An LP found some years ago in Brick Lane flea market. Nigerian highlife on the Phonodisk label from the 80's one assumes from the album title "Page One '81". Here's the first side in all it's pressed off centre glory.
Remembering Eddy Okonta, the Obi of trumpet By Benson Idonije
"IF Eddy Okonta, the late great trumpeter and highlife musician were still alive, today's musicians would be learning the technique of articulating 'rhythm' as an essential musical component at his feet. While he lived, he pretty well appreciated the fact that the main essence of African music is 'rhythm' and he used it to full advantage, thoroughly Africanising his own brand of highlife in the process.

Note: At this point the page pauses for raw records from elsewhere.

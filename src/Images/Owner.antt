-- ===== src/Images/Owner.antt =====
-- The key of an upload is its user's, and no one else's (app/services/image_keys.py and
-- app/services/image_upload.py).
use broadcaster.Prelude.{
  ℕ, zero, suc, ◌+◌, ◌/◌, ◌≤◌, ◌<◌, ◌≡◌, ◌∙◌, refl, sym, ap, true, false, Option, some, [], ◌∷◌,
  ◌++◌, length, ltb, ◌==◌, arith, Bool-cases, if_cases, inl, inr,
}
use broadcaster.Prelude.Decimal.{str, digits, str_injective}
use broadcaster.Accounts.Resync.{Text, same, take}
use broadcaster.Accounts.Resync.Named.{same_self, same_eq}
use broadcaster.Images.Keys.{
  is_digit, is_hex, is_safe, all_of, drop, span, is_tail, is_number, full_match, is_group_of,
  is_own, starts_with, thumb_key, thumb_key_prefix,
}
use broadcaster.Images.Upload.{safe_filename, retarget_extension, upload_key}
use broadcaster.Images.Names.{retarget_extension_fits}

-- The decimal text of a number.
all_of-digits :
    (f n : ℕ) (out : Text) → all_of is_digit out ≡ true → all_of is_digit (digits f n out) ≡ true
unfolding all_of digits
all_of-digits zero n out h = h
all_of-digits (suc f) n out h =
    if_cases (λ (t : Text). all_of is_digit t ≡ true) (ltb n 10) (λ _. ground arith)
      (λ _. all_of-digits f (n / 10) _ (ground arith))

digits-is_number : (f n : ℕ) (out : Text) → n < f → 1 ≤ n → is_number (digits f n out) ≡ true
unfolding digits
digits-is_number zero n out h k = absurd (omega arith)
digits-is_number (suc f) n out h k =
    if_cases (λ (t : Text). is_number t ≡ true) (ltb n 10) (λ small. ground arith)
      (λ large. digits-is_number f (n / 10) _ (ground arith) (ground arith))

str_number : (n : ℕ) → 1 ≤ n → (all_of is_digit (str n) ≡ true) × (is_number (str n) ≡ true)
unfolding str all_of
str_number n h = (all_of-digits (n + 1) n [] refl, digits-is_number (n + 1) n [] (omega arith) h)

-- The parts of a key.
span-append :
    (ds rest : Text) → all_of is_digit ds ≡ true → span (ds ++ (b'/' ∷ rest)) ≡ (ds, b'/' ∷ rest)
unfolding span all_of
span-append [] rest h = refl
span-append (c ∷ ds) rest h = ground (arith, span-append ds rest)

take-append : (n : ℕ) (t s : Text) → length t ≡ n → take n (t ++ s) ≡ t
unfolding take
take-append zero [] s h = refl
take-append zero (c ∷ cs) s h = absurd (omega (arith, h))
take-append (suc n) [] s h = absurd (omega (arith, h))
take-append (suc n) (c ∷ cs) s h = ap (λ t. c ∷ t) (take-append n cs s (omega (arith, h)))

drop-append : (n : ℕ) (t s : Text) → length t ≡ n → drop n (t ++ s) ≡ s
unfolding drop
drop-append zero [] s h = refl
drop-append zero (c ∷ cs) s h = absurd (omega (arith, h))
drop-append (suc n) [] s h = absurd (omega (arith, h))
drop-append (suc n) (c ∷ cs) s h = drop-append n cs s (omega (arith, h))

-- Two users have the same decimal text only if they are one.
same-str : (u v : ℕ) → same (str u) (str v) ≡ (u == v)
same-str u v = elim (Bool-cases (u == v)) [
  | inl e ↦ rw e (ap (λ k. same (str u) (str k)) (sym (one u v e)) ∙ same_self (str u))
  | inr e ↦ rw e (elim (Bool-cases (same (str u) (str v))) [
    | inr differ ↦ differ
    | inl alike ↦ absurd (two u v e (str_injective u v (same_eq (str u) (str v) alike)))
  ])
]
  where
    one : (m n : ℕ) → (m == n) ≡ true → m ≡ n
    one m n h = ground arith

    two : (m n : ℕ) → (m == n) ≡ false → m ≡ n → ⊥
    two m n h k = ground arith

module _ (user_id : ℕ) (token : Text) (filename : Option Text) (extension : Text)
    (registered : 1 ≤ user_id) (hex : all_of is_hex token ≡ true) (long : length token ≡ 32)
    (safe : all_of is_safe extension ≡ true) (short : length extension ≤ 94) where
  name : Text
  name = retarget_extension (safe_filename filename) extension

  is_tail-name : is_tail (b'/' ∷ token ++ (b'_' ∷ name)) ≡ true
  unfolding name
  is_tail-name =
      let fits = retarget_extension_fits filename extension safe short in
      rw (take-append 32 token (b'_' ∷ name) long, drop-append 32 token (b'_' ∷ name) long, hex)
        (ground (arith, fits))

  full_match-upload_key :
      full_match (upload_key user_id token filename extension) ≡ some (str user_id)
  unfolding full_match upload_key name
  full_match-upload_key =
      let number = str_number user_id registered in
      rw (span-append (str user_id) (token ++ (b'_' ∷ name)) number.0, number.1, is_tail-name) refl

  -- The key under which an upload is stored is the own key of the user who sent it and of no one
  -- else, whatever name the file came with: path segments, foreign characters and any length
  -- included. The token is 32 hexadecimal digits, and the extension has safe characters, at most 94.
  pub is_own-upload_key :
      (other : ℕ) → is_own other (upload_key user_id token filename extension) ≡ (user_id == other)
  unfolding is_own
  is_own-upload_key other = rw full_match-upload_key (same-str user_id other)

-- A thumbnail's key is no one's attachment.
pub is_own-thumb_key : (other : ℕ) (key : Text) → is_own other (thumb_key key) ≡ false
unfolding is_own full_match span thumb_key starts_with
is_own-thumb_key other [] = refl
is_own-thumb_key other (c ∷ cs) =
    if_cases (λ (k : Text). is_group_of other (full_match k) ≡ false)
      (starts_with thumb_key_prefix (c ∷ cs)) (λ starts. not_number c starts) (λ _. refl)
  where
    not_number :
        (c : ℕ)
        → starts_with thumb_key_prefix (c ∷ cs) ≡ true
        → is_group_of other (full_match (c ∷ cs)) ≡ false
    not_number c starts = let letter : is_digit c ≡ false = ground (arith, starts) in rw letter refl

He had served an initial apprenticeship with the Sammy Akpabot Sexlet, an aggregation that revolved this same name even as it increased or diminished with time. He was there with the late Oba Funso Adeolu on auto and tenor saxophones. He enjoyed sharing solos with him while bandleader Akpabot himself provided an ideal background for highlife and dance music to blossom with his dexterity on the vibraphone, an instrument which only Akpabot could play at the time in the whole of West Africa.
As an instrument, the vibes has a special way of resonating sounds and floating them through harmonies and arrangements. But Eddy's high notes helped to put all the reverberation in check for dancing and easy listening.
Eddy later served a long term of apprenticeship with the late Bobby Benson of Africa, this time culminating in outstanding professional musicianship, with proficiency in arranging and composing. He not only put the final polish to his accomplishment with the Bobby Benson Jam Session where he stood out the way Chief Bill Friday and Zeal Onyia before him did, his artisting now reached its apotheosis in the area of improvisational design. He began to use the vast resources of his creativity to construct solos that contained revolutionary melodic language and rhythmic subtlety.
As one of the pioneering big bands in the country, the Bobby Benson Jam session offered all its graduates a well rounded musical experience and discipline as they were exposed to all dance music forms including swing, Latin American , Jazz, Afro Cuban, the ball room type that dominated the colonial era with the music of Joe Loss and Victor Sylvester, and all."